The Richard DeShantz Restaurant Group, which operates four Downtown restaurants (with a fifth still closed at press time), is betting that Downtown’s daytime dining is picking up as some workers return to the office a few days a week and people who work from home are looking to get out of their houses.

Its newest establishment, Sally Ann’s (in their former Pork & Beans space in the Sixth Street dining district), has a coffee-shop-meets-upscale-sandwich-shop-meets-wine-bar feel; it’s open all day.

“We are getting some of the workforce back Downtown — but we also have a lot of people that are tired from working from home. Our daytime service model is very much designed around that. You can take some space and time here while you’re having something to eat or drink,” says Jamilka Borges, Sally Ann’s executive chef.

Late-night options, however, still lag behind downtowns in many other cities.

The Warren is one of just a few sit-down establishments to serve food after 10 p.m. every night of the week, and even on weekends — when you add the vibrant, newish Con Alma Downtown on Penn Avenue into the mix — it’s still quieter than an urban entertainment district ought to be.

“It’s still a little weird. So many restaurants are still closing at 8 or 9, and I’m dumbfounded. After a Pens game, after a show, after a concert, people want to go eat or drink somewhere. We need more places that cater to them or they’re just going to go home,” Warren says.

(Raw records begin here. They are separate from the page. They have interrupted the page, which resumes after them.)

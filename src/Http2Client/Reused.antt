-- ===== src/Http2Client/Reused.antt =====
-- When the wait for a response in src/http2_client.c ends, and what a second request on a client finds.
use emme.Prelude.{
  ◌<◌, ◌≡◌, refl, Bool, true, false, if◌then◌else◌, ℤ, pos, negsuc, Option, some, List, [], ◌∷◌,
  ◌++◌, arith, inl, inr, Bool-cases,
}
use emme.Http2Client.Client.{Client, is_live}
use emme.Http2Client.Request.{
  Asked, send_request, set_request, WaitRound, round, wait_done, recv_response, RoundVerdict,
  goes_on, breaks, fails,
}

late_fails : (r : WaitRound) (c : Client) → 30000 < r.elapsed_ms → round r c ≡ (fails, c)
unfolding round
late_fails r c h = ground arith

abbrev Ends : Option (ℤ × Client) → Type 0
Ends o = (k : ℤ) × (c : Client) × (o ≡ some (k, c))

Ends-if :
    (done : Bool) (c : Client) (o : Option (ℤ × Client))
    → Ends o
    → Ends (if done then some (c.response_status, c) else o)
Ends-if true c o h = (c.response_status, c, refl)
Ends-if false c o h = h

Ends-on :
    (v : RoundVerdict) (c : Client) (rest : Option (ℤ × Client))
    → Ends rest
    → Ends (elim v [
      | goes_on ↦ rest
      | breaks ↦ some (c.response_status, c)
      | fails ↦ some (negsuc 0, c)
    ])
Ends-on goes_on c rest h = h
Ends-on breaks c rest h = (c.response_status, c, refl)
Ends-on fails c rest h = (negsuc 0, c, refl)

wait_done-late :
    (rs : List WaitRound) (r : WaitRound) (c : Client)
    → 30000 < r.elapsed_ms
    → Ends (wait_done (rs ++ (r ∷ [])) c)
unfolding wait_done
wait_done-late [] r c h = rw (late_fails r c h) (Ends-if c.done c _ (negsuc 0, (round r c).1, refl))
wait_done-late (q ∷ rs) r c h =
    let later = wait_done-late rs r (round q c).1 h in
    Ends-if c.done c _ (Ends-on (round q c).0 (round q c).1 _ later)

-- The wait for a response ends with the first round that starts more than 30 seconds after the wait, if it has
-- not ended before.
pub recv_response-ends :
    (rs : List WaitRound) (r : WaitRound) (c : Client)
    → 30000 < r.elapsed_ms
    → (k : ℤ) × (c' : Client) × (recv_response (rs ++ (r ∷ [])) c ≡ some (k, c'))
unfolding recv_response
recv_response-ends rs r c h = elim (Bool-cases (is_live c.session)) [
  | inl e ↦ rw e (wait_done-late rs r c h)
  | inr e ↦ rw e (negsuc 0, c, refl)
]

already_done :
    (rs : List WaitRound) (c : Client)
    → c.done ≡ true
    → wait_done rs c ≡ some (c.response_status, c)
unfolding wait_done
already_done [] c h = rw h refl
already_done (r ∷ rs) c h = rw h refl

sent_fields :
    (stream : ℤ) (sent : Bool) (a : Asked) (c : Client)
    → is_live c.session ≡ true
    → (send_request stream sent a c).1 ≡ set_request a c
unfolding send_request
sent_fields (pos id) sent a c live = rw live refl
sent_fields (negsuc e) sent a c live = rw live refl

wait_at_once :
    (rs : List WaitRound) (c : Client)
    → is_live c.session ≡ true
    → c.done ≡ true
    → recv_response rs c ≡ some (c.response_status, c)
unfolding recv_response
wait_at_once rs c live h = rw (live, already_done rs c h) refl

-- A client whose stream was closed once gives every later request the old answer: the request is sent, but the
-- wait takes no round at all, and it returns the status, with the body, of the response that came before.
pub recv_response-stale :
    (stream : ℤ) (sent : Bool) (a : Asked) (c : Client) (rs : List WaitRound)
    → is_live c.session ≡ true
    → c.done ≡ true
    → let c' = (send_request stream sent a c).1 in
      (recv_response rs c' ≡ some (c.response_status, c'))
      × (c'.response_buffer ≡ c.response_buffer)
      × (c'.response_received ≡ c.response_received)
unfolding set_request
recv_response-stale stream sent a c rs live h =
    rw (sent_fields stream sent a c live) (wait_at_once rs (set_request a c) live h, refl, refl)
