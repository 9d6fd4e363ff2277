-- ===== src/Http2Client/Freed.antt =====
-- What a failed connection attempt of src/http2_client.c leaves to be freed.
use emme.Prelude.{Bool, true, false, not, ◌&&◌, ◌≡◌, none, some, ◌↔◌, codes, str_eq, arith}
use emme.Http2Client.Client.{Client}
use emme.Http2Client.Connect.{
  ConnectCalls, client_init, client_connect, connect_to_backend, shake, negotiate, greet,
  client_cleanup,
}

-- The session is made: everything in front of it succeeds.
abbrev pub reaches_session : ConnectCalls → Bool
reaches_session calls =
    calls.context_made
    && (calls.ssl_made
        && (elim (shake calls.handshake) [ none ↦ false | some ok ↦ ok ]
            && (elim calls.alpn [ none ↦ false | some name ↦ str_eq name (codes "h2") ]
                && calls.session_made)))

-- After an attempt to connect a new client, `http2_client_cleanup`, which the callers run also where it failed,
-- frees an object or closes a descriptor a second time exactly if the socket was was_opened and the attempt gave
-- up before the session was made.
pub client_connect-freed :
    (calls : ConnectCalls) (ok : Bool) (c : Client)
    → client_connect calls (client_init true).1 ≡ some (ok, c)
    → ((client_cleanup c ≡ none)
        ↔ ((connect_to_backend calls && not (reaches_session calls)) ≡ true))
unfolding client_init client_connect negotiate greet client_cleanup
client_connect-freed calls ok c h = ground (arith, h)
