-- ===== src/Http2Client/Status.antt =====
-- The status that the client of src/http2_client.c reports, and what the health checker makes of it.
use emme.Prelude.{
  ℕ, ◌<◌, ◌≡◌, Bool, true, false, ℤ, pos, negsuc, ◌⊎◌, Option, none, some, List, [], ◌∷◌, ap, arith,
  inl, inr, Bool-cases, if_both, ltb, if◌then◌else◌, ◌&&◌, ◌||◌,
}
use mathlib.Core.Path.{subst}
use emme.Http2Client.Client.{
  Client, is_live, Frame, headers_frame, other_frame, cat_request, cat_response, cat_push_response,
  cat_headers, on_frame_recv, on_data_chunk_recv, on_stream_close,
}
use emme.Http2Client.Request.{
  Asked, send_request, set_request, Received, frame, chunk, closed, receive, WaitRound, round,
  on_poll, transfer, poll_failed, quiet, ready, Polled, wait_done, recv_response, RoundVerdict,
  goes_on, breaks, fails,
}
use emme.Http2Client.Connect.{
  ConnectCalls, client_init, client_connect, negotiate, greet, client_cleanup,
}
use emme.BackendPool.HealthCheck.{perform_health_check}

-- Less than 4 and not negative
pub data IsCategory : ℤ → Type 0 where
  category : (n : ℕ) → n < 4 → IsCategory (pos n)

frame-IsCategory :
    (f : Frame) (c : Client)
    → IsCategory c.response_status
    → IsCategory (on_frame_recv f c).response_status
unfolding on_frame_recv
frame-IsCategory (headers_frame true cat_request) c h = category 0 (omega arith)
frame-IsCategory (headers_frame true cat_response) c h = category 1 (omega arith)
frame-IsCategory (headers_frame true cat_push_response) c h = category 2 (omega arith)
frame-IsCategory (headers_frame true cat_headers) c h = category 3 (omega arith)
frame-IsCategory (headers_frame false cat) c h = h
frame-IsCategory other_frame c h = h

chunk_status :
    (bytes : List ℕ) (c : Client)
    → (on_data_chunk_recv bytes c).1.response_status ≡ c.response_status
unfolding on_data_chunk_recv
chunk_status bytes c = ground arith

receive-IsCategory :
    (rs : List Received) (c : Client)
    → IsCategory c.response_status
    → IsCategory (receive rs c).response_status
unfolding receive on_stream_close
receive-IsCategory [] c h = h
receive-IsCategory (frame f ∷ rs) c h =
    receive-IsCategory rs (on_frame_recv f c) (frame-IsCategory f c h)
receive-IsCategory (closed code ∷ rs) c h = receive-IsCategory rs (on_stream_close code c) h
receive-IsCategory (chunk bytes ∷ rs) c h =
    let same = chunk_status bytes c in
    let rest = receive-IsCategory rs (on_data_chunk_recv bytes c).1 (rw same h) in
    elim (Bool-cases (on_data_chunk_recv bytes c).0) [ inl e ↦ rw e rest | inr e ↦ rw (e, same) h ]

abbrev Kept : RoundVerdict × Client → Type 0
Kept (v, c) = IsCategory c.response_status

transfer-Kept :
    (r : WaitRound) (readable writable : Bool) (c : Client)
    → IsCategory c.response_status
    → Kept (transfer r readable writable c)
unfolding transfer
transfer-Kept r readable writable c h =
    let got : IsCategory (if readable then receive r.received c else c).response_status =
      if_both (λ (x : Client). IsCategory x.response_status) readable (receive r.received c) c
        (receive-IsCategory r.received c h) h in
    if_both Kept (readable && r.recv_failed) _ _ got
      (if_both Kept (writable && r.send_failed) _ _ got got)

on_poll-Kept :
    (r : WaitRound) (p : Polled) (c : Client) → IsCategory c.response_status → Kept (on_poll r p c)
unfolding on_poll
on_poll-Kept r poll_failed c h = h
on_poll-Kept r quiet c h = h
on_poll-Kept r (ready error readable writable) c h =
    if_both Kept error _ _ h (transfer-Kept r readable writable c h)

round-Kept : (r : WaitRound) (c : Client) → IsCategory c.response_status → Kept (round r c)
unfolding round
round-Kept r c h =
    if_both Kept (ltb 30000 r.elapsed_ms) _ _ h
      (if_both Kept (r.wants_read || r.wants_write) _ _ (on_poll-Kept r r.polled _ h) h)

-- A result of the wait: a category, or -1
data IsAnswer : Option (ℤ × Client) → Type 0 where
  waits : IsAnswer none
  category_answer :
      (c : Client) → IsCategory c.response_status → IsAnswer (some (c.response_status, c))
  failure : (c : Client) → IsCategory c.response_status → IsAnswer (some (negsuc 0, c))

on_verdict :
    (v : RoundVerdict) (c : Client) (rest : Option (ℤ × Client))
    → IsCategory c.response_status
    → IsAnswer rest
    → IsAnswer (elim v [
      | goes_on ↦ rest
      | breaks ↦ some (c.response_status, c)
      | fails ↦ some (negsuc 0, c)
    ])
on_verdict goes_on c rest h more = more
on_verdict breaks c rest h more = category_answer c h
on_verdict fails c rest h more = failure c h

wait_done-IsAnswer :
    (rs : List WaitRound) (c : Client) → IsCategory c.response_status → IsAnswer (wait_done rs c)
unfolding wait_done
wait_done-IsAnswer [] c h = if_both IsAnswer c.done _ _ (category_answer c h) waits
wait_done-IsAnswer (r ∷ rs) c h =
    let kept = round-Kept r c h in
    let more = wait_done-IsAnswer rs (round r c).1 kept in
    if_both IsAnswer c.done _ _ (category_answer c h)
      (on_verdict (round r c).0 (round r c).1 _ kept more)

recv_response-IsAnswer :
    (rs : List WaitRound) (c : Client)
    → IsCategory c.response_status
    → IsAnswer (recv_response rs c)
unfolding recv_response
recv_response-IsAnswer rs c h =
    if_both IsAnswer (is_live c.session) _ _ (wait_done-IsAnswer rs c h) (failure c h)

sent_status :
    (stream : ℤ) (sent : Bool) (a : Asked) (c : Client)
    → (send_request stream sent a c).1.response_status ≡ c.response_status
unfolding send_request set_request
sent_status (pos id) sent a c = ground arith
sent_status (negsuc e) sent a c = ground arith

connected_status :
    (calls : ConnectCalls) (ok : Bool) (c c' : Client)
    → client_connect calls c ≡ some (ok, c')
    → c'.response_status ≡ c.response_status
unfolding client_connect negotiate greet client_cleanup
connected_status calls ok c c' e = ground (arith, e)

-- The clients of the program: made, connected, and used for requests and responses
pub data Used : Client → Type 0 where
  made : (ok : Bool) → Used (client_init ok).1
  was_opened :
      {c : Client}
      → Used c
      → (calls : ConnectCalls) (ok : Bool) (c' : Client) → client_connect calls c ≡ some (ok, c')
      → Used c'
  asked :
      {c : Client}
      → Used c
      → (stream : ℤ) (sent : Bool) (a : Asked) → Used (send_request stream sent a c).1
  answered :
      {c : Client}
      → Used c
      → (rs : List WaitRound) (k : ℤ) (c' : Client) → recv_response rs c ≡ some (k, c')
      → Used c'

some_same : {A : Type 0} {a b : A} → some a ≡ some b → a ≡ b
some_same {A} {a} {b} e = ap (λ (o : Option A). elim o [ none ↦ a | some x ↦ x ]) e

answer_client :
    (o : Option (ℤ × Client)) (k : ℤ) (c : Client)
    → IsAnswer o
    → o ≡ some (k, c)
    → IsCategory c.response_status
answer_client _ k c waits e = absurd (ground (arith, e))
answer_client _ k c (category_answer d h) e =
    subst (λ (x : ℤ × Client). IsCategory x.1.response_status) (some_same e) h
answer_client _ k c (failure d h) e =
    subst (λ (x : ℤ × Client). IsCategory x.1.response_status) (some_same e) h

Used-IsCategory : (c : Client) → Used c → IsCategory c.response_status
unfolding client_init
Used-IsCategory _ (made true) = category 0 (omega arith)
Used-IsCategory _ (made false) = category 0 (omega arith)
Used-IsCategory c' (was_opened {c} u calls ok _ e) =
    rw (connected_status calls ok c c' e) (Used-IsCategory c u)
Used-IsCategory _ (asked {c} u stream sent a) =
    rw (sent_status stream sent a c) (Used-IsCategory c u)
Used-IsCategory c' (answered {c} u rs k _ e) =
    answer_client (recv_response rs c) k c' (recv_response-IsAnswer rs c (Used-IsCategory c u)) e

category_unhealthy :
    (sent k : ℤ) → IsCategory k → perform_health_check (record { sent = sent; status = k }) ≡ false
unfolding perform_health_check
category_unhealthy sent _ (category n small) = ground arith

failure_unhealthy :
    (sent : ℤ) → perform_health_check (record { sent = sent; status = negsuc 0 }) ≡ false
unfolding perform_health_check
failure_unhealthy sent = ground arith

-- A status that is a number below 4 or -1, and the check with it
abbrev Failing : ℤ → ℤ → Type 0
Failing sent k =
    (IsCategory k ⊎ (k ≡ negsuc 0))
    × (perform_health_check (record { sent = sent; status = k }) ≡ false)

answer_unhealthy :
    (o : Option (ℤ × Client)) (sent k : ℤ) (c : Client)
    → IsAnswer o
    → o ≡ some (k, c)
    → Failing sent k
answer_unhealthy _ sent k c waits e = absurd (ground (arith, e))
answer_unhealthy _ sent k c (category_answer d h) e =
    subst (λ (x : ℤ × Client). Failing sent x.0) (some_same e)
      (inl h, category_unhealthy sent d.response_status h)
answer_unhealthy _ sent k c (failure d h) e =
    subst (λ (x : ℤ × Client). Failing sent x.0) (some_same e)
      (inr (λ i. negsuc 0), failure_unhealthy sent)

-- The status that a client reports is a number below 4, as the categories of frames are, or -1, whatever the
-- backend answers, on the first request or a later one; and the check of a backend with that status fails.
pub recv_response-unhealthy :
    (rs : List WaitRound) (c c' : Client) (sent k : ℤ)
    → Used c
    → recv_response rs c ≡ some (k, c')
    → (IsCategory k ⊎ (k ≡ negsuc 0))
      × (perform_health_check (record { sent = sent; status = k }) ≡ false)
recv_response-unhealthy rs c c' sent k u e =
    answer_unhealthy (recv_response rs c) sent k c'
      (recv_response-IsAnswer rs c (Used-IsCategory c u)) e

Warren says that the cost of parking Downtown is prohibitive and there aren’t enough public transportation options, particularly from the suburbs. He believes this makes it a less desirable dinner or lunch destination for people who aren’t already coming Downtown for work or entertainment, and it’s keeping hospitality industry workers from picking up daytime shifts.

“If you make it easier for people to come here,” he says, “more people will come here.”